Entreprendre pour mieux vivre sa maladie

Dernière mise à jour : 3 août 2023


Pour concilier au mieux parcours de soin et vie professionnelle, certaines personnes font le choix (ou le grand saut ;) de se mettre à leur compte. C’est notamment le cas d’Audrey et Audrey, toutes les deux atteintes du syndrome de l’intestin irritable (connu aussi sous le nom de syndrome du côlon irritable ou colopathie fonctionnelle) : « Être à notre compte a pu nous aider à gérer notre syndrome avec moins de charge mentale ».

Longtemps considéré comme psychosomatique, le syndrome de l’intestin irritable (connu aussi sous le nom de syndrome du côlon irritable ou colopathie fonctionnelle) est une maladie considérée aujourd’hui comme une véritable pathologie chronique, qui se manifeste par un trouble du fonctionnement de l’appareil digestif.

La maladie présente une constellation de symptômes : maux de ventre, spasmes, brûlures, ballonnements, diarrhées et/ou constipation, douleurs musculaires, grande fatigue… Elle apparaît au début de la vie d’adulte et est souvent diagnostiquée relativement tard (entre 30 et 40 ans).

Audrey et Audrey, nous livrent donc leur rapport à cette pathologie (diagnostic, prise en charge…) la conciliation maladie et travail, puis entrepreneuriat/maladie, ainsi que leurs projets.

Nous sommes donc ravis de partager ici leur témoignage.


Pouvez-vous vous présenter et nous parler de votre expérience de vie de la maladie en quelques mots ?

Nous sommes Audrey et Audrey ! Deux amies d’enfance, puis aujourd’hui fondatrices de « Ginette & Josiane » une plateforme dédiée au syndrome de l'intestin irritable : une maladie chronique qui touche 5 % de la population française.

Pour l’une comme l’autre, les premiers symptômes sont apparus à l’adolescence : gaz, ballonnement, diarrhées pour l’une, constipation pour l’autre mais aussi fatigue importante. Pendant longtemps, nous n’avons rien osé dire, ne pensions pas être prises au sérieux voire honteuses face à des proches qui ne considéraient pas toujours ces symptômes comme si « graves ».


Finalement, nous en sommes toutes les deux arrivées jusqu’à l’occlusion intestinale. Une situation extrême qui a posé l’urgence d’un diagnostic. Un diagnostic qui n’a pas été simple puisque cette fois, ce sont les médecins qui ne nous prenaient pas au sérieux : « C’est dans votre tête, il faut déstresser ! »

Après avoir consulté des dizaines de médecins et gastro-entérologues, nous sommes diagnostiqués vers nos 23-24 ans.

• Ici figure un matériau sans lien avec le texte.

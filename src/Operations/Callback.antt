-- ===== src/Operations/Callback.antt =====
-- src/context/durable_context/callback.rs, callback/replay.rs and callback/execute.rs. A handle holds no
-- context of its own: its operations run on the context that is passed along.
pub mod Unanswered
pub mod Answered
use lambda_durable_execution.Base.{
  String, Bool, true, false, Option, none, some, [], ◌∷◌, if◌then◌else◌, is_some, unwrap_or, concat,
}
use lambda_durable_execution.Base.Int.{ℤ}
use lambda_durable_execution.Base.Result.{Result}
use lambda_durable_execution.Duration.{Duration, to_seconds_i32_saturating}
use lambda_durable_execution.Errors.{BoxError, DurableError}
use lambda_durable_execution.Types.{
  Operation, OperationType, OperationStatus, OperationAction, CallbackDetails,
  CallbackUpdateOptions,
}
use lambda_durable_execution.Types.Builder.{OperationUpdateBuilder}
use lambda_durable_execution.Termination.{terminate_for_callback}
use lambda_durable_execution.Checkpoint.{LambdaService}
use lambda_durable_execution.Checkpoint.Lifecycle.{mark_awaited}
use lambda_durable_execution.Retry.{RetryStrategy}
use lambda_durable_execution.Context.{ExecutionContext, ExecutionMode, next_operation_id}
use lambda_durable_execution.Context.Run.{
  Op, ◌>>=◌, ◌>>◌, return, fail, suspend, set_mode, terminating, on_manager, built, send, Serdes,
  Json, safe_deserialize,
}
use lambda_durable_execution.Operations.{update_builder, replayed}
use lambda_durable_execution.Operations.Step.{StepIds, StepConfig, StepContext, StepSemantics, step}
use lambda_durable_execution.Operations.Child.{ChildContextConfig, run_in_child_context_with_ids}

pub record CallbackConfig (T : Type 0) : Type 0 where
  pub timeout : Option Duration
  pub heartbeat_timeout : Option Duration
  pub retry_strategy : Option RetryStrategy
  pub serdes : Option (Serdes T)

pub record CallbackHandle (T : Type 0) : Type 0 where
  pub callback_id : String
  pub step_id : String
  pub hashed_id : String
  pub serdes : Option (Serdes T)

abbrev pub callback_payload : Option CallbackDetails → Option String
callback_payload none = none
callback_payload (some d) = d.result

abbrev pub callback_message : Option CallbackDetails → String
callback_message none = "Unknown error"
callback_message (some d) = elim d.error [ none ↦ "Unknown error" | some e ↦ e.error_message ]

abbrev pub service_callback_id : Option Operation → Option String
service_callback_id none = none
service_callback_id (some op) = elim op.callback_details [ none ↦ none | some d ↦ d.callback_id ]

abbrev pub missing_callback_result : DurableError
missing_callback_result = DurableError.internal "Missing callback result in replay"

unfoldable pub callback_failed : String → Operation → DurableError
callback_failed step_id op =
    DurableError.callback_failed step_id (callback_message op.callback_details)

abbrev pub seconds_of : Option Duration → Option ℤ
seconds_of none = none
seconds_of (some d) = some (to_seconds_i32_saturating d)

abbrev pub options_of : {T : Type 0} → Option (CallbackConfig T) → Option CallbackUpdateOptions
options_of none = none
options_of (some c) = some (record {
  timeout_seconds = seconds_of c.timeout;
  heartbeat_timeout_seconds = seconds_of c.heartbeat_timeout;
})

abbrev pub serdes_of : {T : Type 0} → Option (CallbackConfig T) → Option (Serdes T)
serdes_of none = none
serdes_of (some c) = c.serdes

unfoldable pub callback_builder :
    {T : Type 0}
    → String
    → Option String
    → Option String
    → Option (CallbackConfig T)
    → OperationUpdateBuilder
unfolding update_builder to_seconds_i32_saturating
callback_builder hashed_id parent_id name config =
    record (update_builder hashed_id OperationType.callback "Callback" OperationAction.start
      parent_id name) { callback_options = options_of config }

-- The id of the service, or one made of the ARN and the operation's id.
unfoldable pub callback_id_of : String → ExecutionContext → String
callback_id_of hashed_id ctx =
    unwrap_or (service_callback_id (replayed hashed_id ctx))
      (concat (ctx.durable_execution_arn ∷ ":" ∷ hashed_id ∷ []))

abbrev pub is_callback : OperationType → Bool
is_callback OperationType.callback = true
is_callback _ = false

module _ {S : Type 0} where
  unfoldable pub suspend_callback : {A : Type 0} → Op S A
  unfolding terminating terminate_for_callback
  suspend_callback = do terminating terminate_for_callback; suspend

  -- The end of both ways to wait.
  unfoldable pub await_callback : {A : Type 0} → String → Op S A
  unfolding on_manager mark_awaited suspend_callback
  await_callback hashed_id = do on_manager (λ m. mark_awaited m hashed_id); suspend_callback

  -- What a record of the callback decides: `read` is what is done with the payload.
  abbrev pub read_result : {A : Type 0} → (String → Op S A) → Option String → Op S A
  read_result read none = fail missing_callback_result
  read_result read (some payload) = read payload

  unfoldable pub on_status :
      {A : Type 0} → String → String → (String → Op S A) → Operation → OperationStatus → Op S A
  unfolding await_callback callback_failed
  on_status step_id hashed_id read op OperationStatus.succeeded =
      read_result read (callback_payload op.callback_details)
  on_status step_id hashed_id read op OperationStatus.failed = fail (callback_failed step_id op)
  on_status step_id hashed_id read op _ = await_callback hashed_id

  unfoldable pub on_record :
      {A : Type 0} → String → String → (String → Op S A) → Option Operation → Op S A
  unfolding await_callback on_status
  on_record step_id hashed_id read none = await_callback hashed_id
  on_record step_id hashed_id read (some op) = on_status step_id hashed_id read op op.status

  -- Both ways of a handle to wait.
  unfoldable pub wait_with : {A : Type 0} → String → String → (String → Op S A) → Op S A
  unfolding on_record
  wait_with step_id hashed_id read ctx =
      on_record step_id hashed_id read (replayed hashed_id ctx) ctx

  unfoldable pub wait_for_callback_raw : {T : Type 0} → CallbackHandle T → Op S String
  unfolding wait_with
  wait_for_callback_raw handle = wait_with handle.step_id handle.hashed_id return

module _ {S T : Type 0} (json : Json T) where
  -- A payload that has to have a value.
  unfoldable pub read_payload :
      Option (Serdes T) → String → Option String → DurableError → String → Op S T
  unfolding safe_deserialize
  read_payload serdes hashed_id name missing payload =
      safe_deserialize json serdes (some payload) hashed_id name
      >>= elim [ none ↦ fail missing | some v ↦ return v ]

  unfoldable pub wait_for_callback : CallbackHandle T → Op S T
  unfolding wait_with read_payload
  wait_for_callback handle =
      wait_with handle.step_id handle.hashed_id
        (read_payload handle.serdes handle.hashed_id (some handle.step_id) missing_callback_result)

  unfoldable pub replay_status :
      StepIds → Option (Serdes T) → Operation → OperationStatus → Op S (Option T)
  unfolding read_payload callback_failed set_mode suspend_callback
  replay_status ids serdes op OperationStatus.succeeded =
      elim (callback_payload op.callback_details) [
        | none ↦ fail missing_callback_result
        | some payload ↦
            read_payload serdes ids.hashed_id ids.name missing_callback_result payload >>= λ v.
            return (some v)
      ]
  replay_status ids serdes op OperationStatus.failed = fail (callback_failed ids.step_id op)
  replay_status ids serdes op _ = set_mode ExecutionMode.execution >> suspend_callback

  -- An operation of an older version at this id; `none`: there is none.
  unfoldable pub handle_replay : StepIds → Option (Serdes T) → Option Operation → Op S (Option T)
  unfolding replay_status
  handle_replay ids serdes none = return none
  handle_replay ids serdes (some op) =
      if is_callback op.operation_type then replay_status ids serdes op op.status else return none

module _ {S T : Type 0} (svc : LambdaService S) where
  -- START, unless the callback is recorded already.
  unfoldable pub start_callback :
      String → String → Option String → Option (CallbackConfig T) → Op S (Unit {0})
  unfolding callback_builder built send
  start_callback step_id hashed_id name config ctx =
      (if is_some (replayed hashed_id ctx)
          then return tt
          else built "Failed to build callback START update"
              (callback_builder hashed_id ctx.current_parent_id name config)
            >>= λ update. send svc step_id update)
        ctx

  abbrev pub handle_at : String → String → Option (CallbackConfig T) → Op S (CallbackHandle T)
  handle_at step_id hashed_id config ctx =
      return
        (record {
          callback_id = callback_id_of hashed_id ctx;
          step_id = step_id;
          hashed_id = hashed_id;
          serdes = serdes_of config;
        })
        ctx

  unfoldable pub create_callback :
      (String → String) → Option String → Option (CallbackConfig T) → Op S (CallbackHandle T)
  unfolding next_operation_id start_callback callback_id_of
  create_callback hash name config ctx =
      let (step_id, counted) = next_operation_id name ctx in
      (start_callback step_id (hash step_id) name config >> handle_at step_id (hash step_id) config)
        counted

module _ {S T : Type 0} (svc : LambdaService S) (eager : Bool) (json : Json T)
    (json_string : Json String) (json_unit : Json (Unit {0})) (hash : String → String)
    (default_strategy : RetryStrategy) where
  abbrev pub submitter_config : Option RetryStrategy → StepConfig (Unit {0})
  submitter_config retry_strategy = record {
    retry_strategy = retry_strategy;
    semantics = StepSemantics.at_least_once_per_retry;
    serdes = none;
  }

  abbrev pub handle_result : Option T → Op S T → Op S T
  handle_result none next = next
  handle_result (some v) next = return v

  -- The function of the child context: the callback, its submission, and the wait for its payload.
  unfoldable pub submit_and_wait :
      (String → StepContext → S → Result BoxError (Unit {0}) × S) → CallbackConfig T → Op S String
  unfolding create_callback step wait_for_callback_raw
  submit_and_wait submitter config = do
    handle ← create_callback svc hash none (some config)
    step svc eager json_unit hash default_strategy (some "submitter") (submitter handle.callback_id)
        (submitter_config config.retry_strategy)
    wait_for_callback_raw handle

  -- The child context around it, whose result is read with the caller's serdes.
  unfoldable pub callback_in_child :
      StepIds
      → (String → StepContext → S → Result BoxError (Unit {0}) × S)
      → CallbackConfig T
      → Op S T
  unfolding submit_and_wait run_in_child_context_with_ids read_payload
  callback_in_child ids submitter config =
      let child : ChildContextConfig String = record {
        sub_type = some "WaitForCallback";
        serdes = none;
      } in
      run_in_child_context_with_ids svc json_string ids.step_id ids.hashed_id ids.name
        (submit_and_wait submitter config) child
      >>= read_payload json config.serdes ids.hashed_id ids.name
          (DurableError.internal "Missing callback result after wait")

  unfoldable pub run_wait_for_callback :
      Option String
      → (String → StepContext → S → Result BoxError (Unit {0}) × S)
      → CallbackConfig T
      → Op S T
  unfolding next_operation_id handle_replay callback_in_child
  run_wait_for_callback name submitter config ctx =
      let (step_id, counted) = next_operation_id name ctx in
      let ids : StepIds = record {
        step_id = step_id;
        hashed_id = hash step_id;
        name = name;
        parent_id = ctx.current_parent_id;
      } in
      (handle_replay json ids config.serdes (replayed ids.hashed_id ctx) >>= λ found.
      handle_result found (callback_in_child ids submitter config))
        counted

Un diagnostic qui a été un soulagement d’abord, nous n’étions pas folles, mais qui s’est vite transformé en une nouvelle errance : celle de la prise en charge. Aucune solution ne nous a été proposée, nous avons dû chercher seules. On a fait évidemment fait de nombreuses erreurs, on a parfois contribué à empirer les symptômes pour finalement trouver de manière très empirique une alimentation qui nous convenait à chacune, une hygiène de vie compatible avec nos symptômes respectifs.

Cette période a certainement été l’une des plus difficiles parce que face à ces tentatives de prises en charge, à ces régimes alimentaires parfois extrêmes, aux crises toujours présentes nous devions construire nos vies d’adultes (premières installations, sorties entre amis, premiers jobs, etc.)

Comment avez-vous concilié votre maladie et votre travail ?

Ça n'a pas été simple. Avoir un régime alimentaire adapté n’aide pas à se sociabiliser. Avoir à faire du sport chaque jour, une sieste après les repas n’est par ailleurs pas toujours possible.

Concilier la maladie a représenté une certaine forme de charge mentale : faire ses gamelles, organiser ses semaines du matin au soir pour pouvoir maintenir notre hygiène de vie tout en intégrant les contraintes du travail.

Ça, c’est sans évoquer aussi les moments de crise au travail : ouvrir discrètement le pantalon après les repas, lutter contre le sommeil pendant des réunions, courir discrètement aux toilettes (toilettes toujours situées en plein milieu de l’open space).

En parler avec notre entourage professionnel est ce qui a été le plus dur pour nous. Comment expliquer qu’une maladie peu reconnue et dont les symptômes ne paraissent pas si graves peut en réalité justifier un comportement parfois introverti et une sociabilité parfois limitée ?

Qu'est-ce qui vous a donné envie d'entreprendre ? Comment est née votre aventure entrepreneuriale ?

De l’ensemble de ces expériences.

On est amies d’enfance, nous savions toutes les deux que nous avions des troubles digestifs mais ils étaient si opposés que jamais on ne s’était dit qu’on partageait le même. Et puis la vie a fait que nous sommes devenues voisines et que nous avons partagé un quotidien qui nous a poussées à remarquer chez l’une et l’autre quelques similitudes dans nos comportements. On a fini par en parler et à nous rendre compte que nous avions en fait la même pathologie.

Entre des aventures professionnelles qui ne nous convenaient plus, le Covid et le constat qu’il y avait une réelle incompréhension autour de cette maladie nous avons décidé de mettre à profit nos expertises et expériences.

Audrey la blonde avait en effet lancé un compte Instagram sur lequel elle partageait des recettes low FODMAP, adaptées à notre syndrome. Son compte a rapidement réuni une grande communauté. Elle recevait quotidiennement des questions, des messages de désespoir aussi. Puis de fil en aiguille, l’idée est née.

Quelles difficultés avez-vous rencontrées ?

Ça étonne beaucoup de monde lorsqu’on donne cette réponse mais quasiment aucune. Enfin si, mais on ne les a pas vécues comme telles. On a toujours pris ces moments un peu moins fluides comme des challenges et l’opportunité de réajuster le projet. Notre état d’esprit a toujours été « Pas de problème que des solutions ! »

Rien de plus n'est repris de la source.